Unable to create disk partition - USB live persistent - EndeavourOS

No, definitely don’t provision all of it. Provision as much as you can spare. In most cases 4-8GB will be plenty for a VM depending on what you are doing inside of it. When you close the VM, how much memory is free on your system?

Ugh…Virtualbox hasn’t been seeing as much development as the others solutions.

You might try switching the VM from Wayland to X11 and see if that gets you better performance.

Make sure you have virtualbox-guest-utils installed

Do you have the virtualbox extension pack installed as well? I use Virtualbox all the time and allocate 2 cores, 4GB ram, bump the video to 256 MB, and get reasonable performance for basic tasks (no gaming, no video production, etc).

I make my EFI part 2GB because every time Microsoft say this is enough, this, turns out to be, not enough.

I know I have Linux now but MS still has their weasily little, greedy little paws in that specification so - can’t trust it ever.

Edit: OH yah, I also have about 37TB of drive space.

I should have read THIS comment first.

Nothing I haven’t done myself though.

We all have to learn.

If you’re looking at a portable Linux OS solution though, go out and grab a 1TB NvME and USB-C 3.2 or 2 if you can find it, external case…then install the Live ISO on THAT and give it TONS of casper file space and create a password for the default user and then create another root user and use that and bobs yer uncle. I already did that. It is NICE to have a fully operational OS when crap starts running downhill onto my PC :slight_smile:

I can only install the guest utils after I install the full OS first. At least that is what I am seeing in the tutorials. Correct me if I am wrong though.


I just installed it and I will let you know if performance is better. I do not know why my OS is so slow and choppy on my VM. My laptop literally has 32GB of RAM and 1TB of storage space. The graphics are integrated. But anyways, I will let you know once I test it again.


I wanted to try Linux and learn the basics first so I just wanted it to install on a seperate device without having to override my Windows 11. I don’t think I wanna spend any money on this yet. There would be no reason to. If I am comfortable enough with Linux, then I will just wipe my Windows 11 and replace it with Linux.

I think that is wise.

I did much the same.

It took me 1.5 years to decide that it was time to make the switch.

I planned for it and it was successful.

Yours will be to.

Cheers!

Yes, that is correct.

If you continue to have all these performance problems, install VMware Workstation instead. It is free these days and works quite a bit better than VirtualBox on Windows. Also, try using X11 instead of Wayland inside your VM.

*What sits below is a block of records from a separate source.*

-- ===== src/Page.antt =====
-- The allocator of physical pages, srcs/kalloc.c. The free pages form a list through their first
-- words. Memory is a function from addresses to 32-bit words; `end`, the first address behind the
-- kernel, comes from the linker and is an argument.
pub mod Free
mod Tests
use os_project_mlfqschedulin.Base.{
  ℕ, ◌+◌, ◌-◌, ◌%◌, ◌^◌, Bool, true, false, ◌||◌, ◌&&◌, not, Option, none, some, ltb, leb, ◌==◌,
  if◌then◌else◌, update,
}

abbrev pub pgsize : ℕ
pgsize = 4096

-- `KERNBASE` and `PHYSTOP` of srcs/memlayout.h.
abbrev pub kernbase : ℕ
kernbase = 0x8000_0000

abbrev pub phystop : ℕ
phystop = 0xe00_0000

-- A null `freelist` is 0; the lock is left out.
pub record Kmem : Type 0 where
  pub word_at : ℕ → ℕ
  pub freelist : ℕ

-- The test for an address that is not a page that can be freed.
abbrev pub is_bad : ℕ → ℕ → Bool
is_bad end v = not (v % pgsize == 0) || ltb v end || leb phystop ((v + 2 ^ 32 - kernbase) % 2 ^ 32)

-- `memset(v, 1, PGSIZE)`, seen by words.
abbrev pub junk : ℕ → (ℕ → ℕ) → ℕ → ℕ
junk v m a = if leb v a && ltb a (v + pgsize) then 0x101_0101 else m a

-- `none` is panic("kfree").
unfoldable pub kfree : ℕ → ℕ → Kmem → Option Kmem
kfree end v k =
    if is_bad end v
    then none
    else some (record { word_at = update (junk v k.word_at) v k.freelist; freelist = v })

-- The page, or 0.
unfoldable pub kalloc : Kmem → Kmem × ℕ
kalloc k =
    if k.freelist == 0 then (k, 0) else (record k { freelist = k.word_at k.freelist }, k.freelist)
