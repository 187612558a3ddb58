-- ===== src/Page/Free.antt =====
-- The free list of srcs/kalloc.c against the list of pages that it holds.
use os_project_mlfqschedulin.Base.{
  ℕ, ◌%◌, ◌^◌, ◌<◌, ◌≡◌, refl, sym, ap, subst, ◌∙◌, ◌⊎◌, inl, inr, Bool, true, false, not, ◌&&◌,
  none, some, List, [], ◌∷◌, arith, ltb, leb, ◌==◌, Bool-cases, update, has, Distinct, All,
}
use os_project_mlfqschedulin.Page.{pgsize, Kmem, is_bad, junk, kfree, kalloc}

-- From `p` the first words lead through `xs`.
abbrev pub Chain : (ℕ → ℕ) → ℕ → List ℕ → Type 0
Chain m p [] = p ≡ 0
Chain m p (x ∷ xs) = (p ≡ x) × Chain m (m x) xs

-- An address that kfree takes.
abbrev pub IsPage : ℕ → ℕ → Type 0
IsPage end v = is_bad end v ≡ false

-- The free list holds the pages `xs`, each once.
pub record Free (end : ℕ) (k : Kmem) (xs : List ℕ) : Type 0 where
  pub chain : Chain k.word_at k.freelist xs
  pub distinct : Distinct xs
  pub pages : All (IsPage end) xs

page-aligned : (end v : ℕ) → IsPage end v → v % pgsize ≡ 0
page-aligned end v h = ground arith

page-not_null : (end v : ℕ) → IsPage end v → (v == 0) ≡ false
page-not_null end v h = ground arith

-- The junk in one page does not reach another.
apart :
    (m : ℕ → ℕ) (v x p : ℕ)
    → v % pgsize ≡ 0
    → x % pgsize ≡ 0
    → (x == v) ≡ false
    → update (junk v m) v p x ≡ m x
apart m v x p a b ne = ground arith

Chain-kept :
    (end : ℕ) (m : ℕ → ℕ) (v q p : ℕ) (xs : List ℕ)
    → v % pgsize ≡ 0
    → has v xs ≡ false
    → All (IsPage end) xs
    → Chain m p xs
    → Chain (update (junk v m) v q) p xs
Chain-kept end m v q p [] a new pages c = c
Chain-kept end m v q p (x ∷ xs) a new pages c =
    let same : update (junk v m) v q x ≡ m x =
      apart m v x q a (page-aligned end x pages.0) (ground arith) in
    (c.0, rw same (Chain-kept end m v q (m x) xs a (ground arith) pages.1 c.1))

-- The test for a page frame of the kernel's memory: aligned to 4096 bytes, not below `end`, and of
-- a physical address below the 0xE000000 bytes of the memory, which is mapped from 0x80000000 on.
abbrev pub is_frame : ℕ → ℕ → Bool
is_frame end v = v % 4096 == 0 && leb end v && leb 0x8000_0000 v && ltb v 0x8e00_0000

is_bad-not : (end v : ℕ) → v < 2 ^ 32 → is_bad end v ≡ not (is_frame end v)
is_bad-not end v lt = ground arith

-- kfree of an address below 2^32 that is not in the free list panics if it is not a page frame, that
-- is not aligned to 4096 bytes, below `end` or outside 0x80000000 to 0x8E000000; otherwise it puts the
-- page in front of the list.
pub kfree-Free :
    (end v : ℕ) (k : Kmem) (xs : List ℕ)
    → Free end k xs
    → has v xs ≡ false
    → v < 2 ^ 32
    → ((is_frame end v ≡ false) × (kfree end v k ≡ none))
      ⊎ ((is_frame end v ≡ true) × (k' : Kmem) × (kfree end v k ≡ some k') × Free end k' (v ∷ xs))
unfolding kfree
kfree-Free end v k xs f new lt = elim (Bool-cases (is_bad end v)) [
  | inl e ↦ inl (ground (arith, is_bad-not end v lt), rw e refl)
  | inr e ↦
      let frame : is_frame end v ≡ true = ground (arith, is_bad-not end v lt) in
      let a = page-aligned end v e in
      let m : ℕ → ℕ = update (junk v k.word_at) v k.freelist in
      let first : m v ≡ k.freelist = ground arith in
      inr (
        frame,
        record { word_at = m; freelist = v },
        rw e refl,
        record {
          chain = (
            refl,
            rw first (Chain-kept end k.word_at v k.freelist k.freelist xs a new f.pages f.chain),
          );
          distinct = (new, f.distinct);
          pages = (e, f.pages);
        },
      )
]

-- What kalloc comes to: 0 if no page is free, and otherwise the first page, which leaves the list.
pub data Allocates (end : ℕ) (k : Kmem) (r : Kmem × ℕ) : List ℕ → Type 0 where
  exhausted : r ≡ (k, 0) → Allocates end k r []
  allocated :
      (x : ℕ) (xs : List ℕ) (k' : Kmem)
      → r ≡ (k', x)
      → IsPage end x
      → Free end k' xs
      → has x xs ≡ false
      → Allocates end k r (x ∷ xs)

-- kalloc returns 0 exactly if no page is free, and otherwise a page that was free and is no longer in
-- the free list.
pub kalloc-Allocates :
    (end : ℕ) (k : Kmem) (xs : List ℕ) → Free end k xs → Allocates end k (kalloc k) xs
unfolding kalloc
kalloc-Allocates end k [] f =
    let e : (k.freelist == 0) ≡ true = let c = f.chain in ground arith in exhausted (rw e refl)
kalloc-Allocates end k (x ∷ xs) f =
    let same = f.chain.0 in
    let e : (k.freelist == 0) ≡ false =
      ap (λ (p : ℕ). p == 0) same ∙ page-not_null end x f.pages.0 in
    let k' : Kmem = record k { freelist = k.word_at k.freelist } in
    allocated x xs k' (rw e (ap (λ (p : ℕ). (k', p)) same)) f.pages.0
      (record {
        chain = subst (λ (p : ℕ). Chain k.word_at (k.word_at p) xs) (sym same) f.chain.1;
        distinct = f.distinct.1;
        pages = f.pages.1;
      })
      f.distinct.0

You could also install a Linux distribution in dualboot with your current Windows 11 on the same disk. When/if you will feel that Linux (only) is the way to go for you, then you can wipe out the whole disk and make a Linux only system.

Ok got it. After installing the extension pack and reinstalling the EndeavourOS on to the VM, it has booted a bit faster this time. However, I think I am stuck on the black screen after booting up Linux. When I hover on it, it is indeed the cursor of Linux but I am not sure if it is proceeding any further.

I might have to give those a try now.

EDIT: The system has booted but it still notably slower than my stick.


Yes, that is another option I will be doing once I am more comfortable with Linux. I also don’t wanna allocate any resources to it just yet.

Did you switch to X11?

I am installing it right now. I will update you once I test it on that.

Update: I used two USB sticks to install Endeavour on the main stick that I want :stuck_out_tongue:

Currently, the installation is going well and, fingers crossed, I am successfully able to load it on my stick. Currently, my system is running really fast. Like almost as native as my Windows 11 if not faster.

I checked, and I am on X11. Is there something I need to do more? I am still on USB live.